- Assignment
Tally the lines below that contain the word "then". Only the number should be returned.

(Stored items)
-- ===== src/Outbox/Stale.antt =====
-- A record whose delivery was given up by a worker that is gone goes back to waiting
-- (`RecoverStaleAuditOutboxRecords` of internal/store/postgres/audit_outbox.go).
use agentsmith_fs_control_pl.Clock.{Duration, add, after, is_zero}
use agentsmith_fs_control_pl.Outbox.{
  DeliveryFailure, OutboxRecord, failure_message, is_delivering, retry_wait,
}
use agentsmith_fs_control_pl.Prelude.{
  Option, if◌then◌else◌, leb_ℤ, ltb_ℤ, none, not, pos, some, ◌&&◌, ◌||◌,
}
use agentsmith_fs_control_pl.Text.{Text}

abbrev pub recovered_record : (Text → Text) → DeliveryFailure → OutboxRecord → OutboxRecord
recovered_record redact f r = record r {
  status = retry_wait;
  next_retry_at = some (add f.now f.backoff);
  last_error = failure_message redact f.last_error;
  delivered_at = none;
  updated_at = f.now;
}

-- One row under the statement, for a call with an owner and a limit, which bound the number of rows
-- and say nothing of one; `none` is a refused call or a row that is left alone. That the row was
-- last touched by the time of the call less the threshold is compared on the other side.
unfoldable pub recover_stale_record :
    (Text → Text) → Duration → DeliveryFailure → OutboxRecord → Option OutboxRecord
recover_stale_record redact threshold f r =
    if leb_ℤ threshold (pos 0)
      || is_zero f.now
      || leb_ℤ f.max_attempts (pos 0)
      || ltb_ℤ f.backoff (pos 0)
    then none
    else if is_delivering r.status && not (after (add r.updated_at threshold) f.now)
    then some (recovered_record redact f r)
    else none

- Exercise answer
3